ACTION ITEM » Print out the entries exactly, and include each one.

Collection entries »
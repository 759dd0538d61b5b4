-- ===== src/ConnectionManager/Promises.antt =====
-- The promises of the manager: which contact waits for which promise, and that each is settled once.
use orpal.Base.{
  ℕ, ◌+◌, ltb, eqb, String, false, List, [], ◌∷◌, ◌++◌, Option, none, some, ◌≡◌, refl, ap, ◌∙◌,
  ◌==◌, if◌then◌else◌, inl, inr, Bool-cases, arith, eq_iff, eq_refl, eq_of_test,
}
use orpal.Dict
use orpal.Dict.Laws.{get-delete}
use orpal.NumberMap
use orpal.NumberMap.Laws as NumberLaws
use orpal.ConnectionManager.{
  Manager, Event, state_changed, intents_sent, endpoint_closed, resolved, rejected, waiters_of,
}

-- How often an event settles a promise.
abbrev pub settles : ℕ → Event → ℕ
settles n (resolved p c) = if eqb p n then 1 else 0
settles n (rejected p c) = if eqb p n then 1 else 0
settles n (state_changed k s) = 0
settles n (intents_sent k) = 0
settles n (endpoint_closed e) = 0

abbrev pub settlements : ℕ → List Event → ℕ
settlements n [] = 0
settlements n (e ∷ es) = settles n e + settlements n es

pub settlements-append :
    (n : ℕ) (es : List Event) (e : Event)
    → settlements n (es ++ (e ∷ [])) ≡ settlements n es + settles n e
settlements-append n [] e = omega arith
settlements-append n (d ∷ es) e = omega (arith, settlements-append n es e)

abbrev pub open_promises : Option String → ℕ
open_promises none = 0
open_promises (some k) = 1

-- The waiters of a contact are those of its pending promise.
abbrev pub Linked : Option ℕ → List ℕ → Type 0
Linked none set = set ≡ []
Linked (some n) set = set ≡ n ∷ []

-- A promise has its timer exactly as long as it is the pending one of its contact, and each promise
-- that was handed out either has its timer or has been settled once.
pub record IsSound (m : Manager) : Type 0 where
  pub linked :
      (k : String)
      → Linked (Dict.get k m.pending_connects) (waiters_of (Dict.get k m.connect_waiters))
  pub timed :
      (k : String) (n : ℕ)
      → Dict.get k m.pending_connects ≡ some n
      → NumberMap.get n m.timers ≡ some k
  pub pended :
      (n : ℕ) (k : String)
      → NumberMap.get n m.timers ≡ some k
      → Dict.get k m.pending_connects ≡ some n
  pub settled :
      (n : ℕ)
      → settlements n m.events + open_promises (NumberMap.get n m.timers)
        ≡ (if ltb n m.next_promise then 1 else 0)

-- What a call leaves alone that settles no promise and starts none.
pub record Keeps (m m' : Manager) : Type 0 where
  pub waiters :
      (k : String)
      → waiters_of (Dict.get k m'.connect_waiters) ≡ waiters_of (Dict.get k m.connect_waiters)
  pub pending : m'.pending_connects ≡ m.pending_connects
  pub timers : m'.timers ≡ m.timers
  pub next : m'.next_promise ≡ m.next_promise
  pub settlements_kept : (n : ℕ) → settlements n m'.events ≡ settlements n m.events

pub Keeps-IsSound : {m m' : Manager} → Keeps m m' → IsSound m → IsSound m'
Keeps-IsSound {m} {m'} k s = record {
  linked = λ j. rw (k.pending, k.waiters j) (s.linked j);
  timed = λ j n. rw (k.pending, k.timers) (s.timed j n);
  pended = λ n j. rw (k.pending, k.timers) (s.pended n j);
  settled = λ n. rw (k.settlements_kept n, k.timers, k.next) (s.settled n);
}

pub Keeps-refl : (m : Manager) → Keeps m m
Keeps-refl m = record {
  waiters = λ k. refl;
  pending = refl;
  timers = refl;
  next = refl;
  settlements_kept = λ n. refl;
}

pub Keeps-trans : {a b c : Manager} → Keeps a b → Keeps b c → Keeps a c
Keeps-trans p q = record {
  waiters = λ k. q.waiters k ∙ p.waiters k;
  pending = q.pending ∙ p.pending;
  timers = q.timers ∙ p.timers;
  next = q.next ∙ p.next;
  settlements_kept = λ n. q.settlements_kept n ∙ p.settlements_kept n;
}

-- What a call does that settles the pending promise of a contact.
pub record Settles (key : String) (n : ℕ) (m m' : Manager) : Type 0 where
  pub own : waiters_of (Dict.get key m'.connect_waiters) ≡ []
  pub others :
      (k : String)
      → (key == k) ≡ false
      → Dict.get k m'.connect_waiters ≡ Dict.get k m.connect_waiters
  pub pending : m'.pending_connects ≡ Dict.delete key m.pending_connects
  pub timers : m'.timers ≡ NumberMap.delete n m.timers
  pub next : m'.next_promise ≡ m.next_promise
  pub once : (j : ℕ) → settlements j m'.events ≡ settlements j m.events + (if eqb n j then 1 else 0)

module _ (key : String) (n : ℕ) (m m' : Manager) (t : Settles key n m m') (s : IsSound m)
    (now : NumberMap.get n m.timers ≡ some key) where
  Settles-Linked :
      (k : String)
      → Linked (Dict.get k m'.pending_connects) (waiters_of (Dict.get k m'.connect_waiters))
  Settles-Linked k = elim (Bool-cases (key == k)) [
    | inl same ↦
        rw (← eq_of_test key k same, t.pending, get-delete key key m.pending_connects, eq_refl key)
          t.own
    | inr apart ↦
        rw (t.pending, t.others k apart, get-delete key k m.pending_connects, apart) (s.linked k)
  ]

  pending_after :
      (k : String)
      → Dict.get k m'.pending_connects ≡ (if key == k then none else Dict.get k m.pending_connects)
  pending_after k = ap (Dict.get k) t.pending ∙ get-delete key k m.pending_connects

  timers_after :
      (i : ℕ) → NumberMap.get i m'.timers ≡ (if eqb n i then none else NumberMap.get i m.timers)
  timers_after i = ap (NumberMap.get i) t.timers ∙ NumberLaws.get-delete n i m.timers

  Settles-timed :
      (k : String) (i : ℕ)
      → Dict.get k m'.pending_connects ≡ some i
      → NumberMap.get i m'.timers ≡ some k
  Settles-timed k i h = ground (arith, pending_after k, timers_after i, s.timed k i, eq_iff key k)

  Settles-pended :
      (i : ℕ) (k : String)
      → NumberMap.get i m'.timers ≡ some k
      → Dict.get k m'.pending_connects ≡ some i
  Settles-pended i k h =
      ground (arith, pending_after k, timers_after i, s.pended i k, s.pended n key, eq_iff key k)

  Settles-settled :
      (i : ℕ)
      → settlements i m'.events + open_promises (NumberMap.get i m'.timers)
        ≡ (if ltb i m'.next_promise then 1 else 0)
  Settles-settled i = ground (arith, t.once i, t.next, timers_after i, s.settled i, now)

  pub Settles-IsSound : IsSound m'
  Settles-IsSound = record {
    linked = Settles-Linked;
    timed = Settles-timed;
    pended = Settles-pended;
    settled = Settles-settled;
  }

COMPLETED EXERCISE »
repository 759dd0538d61b5b4
-- ===== src/ConnectionManager/Promises.antt =====
-- The promises of the manager: which contact waits for which promise, and that each is settled once.
use orpal.Base.{
  ℕ, ◌+◌, ltb, eqb, String, false, List, [], ◌∷◌, ◌++◌, Option, none, some, ◌≡◌, refl, ap, ◌∙◌,
  ◌==◌, if◌then◌else◌, inl, inr, Bool-cases, arith, eq_iff, eq_refl, eq_of_test,
}
use orpal.Dict
use orpal.Dict.Laws.{get-delete}
use orpal.NumberMap
use orpal.NumberMap.Laws as NumberLaws
use orpal.ConnectionManager.{
  Manager, Event, state_changed, intents_sent, endpoint_closed, resolved, rejected, waiters_of,
}

-- How often an event settles a promise.
abbrev pub settles : ℕ → Event → ℕ
settles n (resolved p c) = if eqb p n then 1 else 0
settles n (rejected p c) = if eqb p n then 1 else 0
settles n (state_changed k s) = 0
settles n (intents_sent k) = 0
settles n (endpoint_closed e) = 0

abbrev pub settlements : ℕ → List Event → ℕ
settlements n [] = 0
settlements n (e ∷ es) = settles n e + settlements n es

pub settlements-append :
    (n : ℕ) (es : List Event) (e : Event)
    → settlements n (es ++ (e ∷ [])) ≡ settlements n es + settles n e
settlements-append n [] e = omega arith
settlements-append n (d ∷ es) e = omega (arith, settlements-append n es e)

abbrev pub open_promises : Option String → ℕ
open_promises none = 0
open_promises (some k) = 1

-- The waiters of a contact are those of its pending promise.
abbrev pub Linked : Option ℕ → List ℕ → Type 0
Linked none set = set ≡ []
Linked (some n) set = set ≡ n ∷ []

-- A promise has its timer exactly as long as it is the pending one of its contact, and each promise
-- that was handed out either has its timer or has been settled once.
pub record IsSound (m : Manager) : Type 0 where
  pub linked :
      (k : String)
      → Linked (Dict.get k m.pending_connects) (waiters_of (Dict.get k m.connect_waiters))
  pub timed :
      (k : String) (n : ℕ)
      → Dict.get k m.pending_connects ≡ some n
      → NumberMap.get n m.timers ≡ some k
  pub pended :
      (n : ℕ) (k : String)
      → NumberMap.get n m.timers ≡ some k
      → Dict.get k m.pending_connects ≡ some n
  pub settled :
      (n : ℕ)
      → settlements n m.events + open_promises (NumberMap.get n m.timers)
        ≡ (if ltb n m.next_promise then 1 else 0)

-- What a call leaves alone that settles no promise and starts none.
pub record Keeps (m m' : Manager) : Type 0 where
  pub waiters :
      (k : String)
      → waiters_of (Dict.get k m'.connect_waiters) ≡ waiters_of (Dict.get k m.connect_waiters)
  pub pending : m'.pending_connects ≡ m.pending_connects
  pub timers : m'.timers ≡ m.timers
  pub next : m'.next_promise ≡ m.next_promise
  pub settlements_kept : (n : ℕ) → settlements n m'.events ≡ settlements n m.events

pub Keeps-IsSound : {m m' : Manager} → Keeps m m' → IsSound m → IsSound m'
Keeps-IsSound {m} {m'} k s = record {
  linked = λ j. rw (k.pending, k.waiters j) (s.linked j);
  timed = λ j n. rw (k.pending, k.timers) (s.timed j n);
  pended = λ n j. rw (k.pending, k.timers) (s.pended n j);
  settled = λ n. rw (k.settlements_kept n, k.timers, k.next) (s.settled n);
}

pub Keeps-refl : (m : Manager) → Keeps m m
Keeps-refl m = record {
  waiters = λ k. refl;
  pending = refl;
  timers = refl;
  next = refl;
  settlements_kept = λ n. refl;
}

pub Keeps-trans : {a b c : Manager} → Keeps a b → Keeps b c → Keeps a c
Keeps-trans p q = record {
  waiters = λ k. q.waiters k ∙ p.waiters k;
  pending = q.pending ∙ p.pending;
  timers = q.timers ∙ p.timers;
  next = q.next ∙ p.next;
  settlements_kept = λ n. q.settlements_kept n ∙ p.settlements_kept n;
}

-- What a call does that settles the pending promise of a contact.
pub record Settles (key : String) (n : ℕ) (m m' : Manager) : Type 0 where
  pub own : waiters_of (Dict.get key m'.connect_waiters) ≡ []
  pub others :
      (k : String)
      → (key == k) ≡ false
      → Dict.get k m'.connect_waiters ≡ Dict.get k m.connect_waiters
  pub pending : m'.pending_connects ≡ Dict.delete key m.pending_connects
  pub timers : m'.timers ≡ NumberMap.delete n m.timers
  pub next : m'.next_promise ≡ m.next_promise
  pub once : (j : ℕ) → settlements j m'.events ≡ settlements j m.events + (if eqb n j then 1 else 0)

module _ (key : String) (n : ℕ) (m m' : Manager) (t : Settles key n m m') (s : IsSound m)
    (now : NumberMap.get n m.timers ≡ some key) where
  Settles-Linked :
      (k : String)
      → Linked (Dict.get k m'.pending_connects) (waiters_of (Dict.get k m'.connect_waiters))
  Settles-Linked k = elim (Bool-cases (key == k)) [
    | inl same ↦
        rw (← eq_of_test key k same, t.pending, get-delete key key m.pending_connects, eq_refl key)
          t.own
    | inr apart ↦
        rw (t.pending, t.others k apart, get-delete key k m.pending_connects, apart) (s.linked k)
  ]

  pending_after :
      (k : String)
      → Dict.get k m'.pending_connects ≡ (if key == k then none else Dict.get k m.pending_connects)
  pending_after k = ap (Dict.get k) t.pending ∙ get-delete key k m.pending_connects

  timers_after :
      (i : ℕ) → NumberMap.get i m'.timers ≡ (if eqb n i then none else NumberMap.get i m.timers)
  timers_after i = ap (NumberMap.get i) t.timers ∙ NumberLaws.get-delete n i m.timers

  Settles-timed :
      (k : String) (i : ℕ)
      → Dict.get k m'.pending_connects ≡ some i
      → NumberMap.get i m'.timers ≡ some k
  Settles-timed k i h = ground (arith, pending_after k, timers_after i, s.timed k i, eq_iff key k)

  Settles-pended :
      (i : ℕ) (k : String)
      → NumberMap.get i m'.timers ≡ some k
      → Dict.get k m'.pending_connects ≡ some i
  Settles-pended i k h =
      ground (arith, pending_after k, timers_after i, s.pended i k, s.pended n key, eq_iff key k)

  Settles-settled :
      (i : ℕ)
      → settlements i m'.events + open_promises (NumberMap.get i m'.timers)
        ≡ (if ltb i m'.next_promise then 1 else 0)
  Settles-settled i = ground (arith, t.once i, t.next, timers_after i, s.settled i, now)

  pub Settles-IsSound : IsSound m'
  Settles-IsSound = record {
    linked = Settles-Linked;
    timed = Settles-timed;
    pended = Settles-pended;
    settled = Settles-settled;
  }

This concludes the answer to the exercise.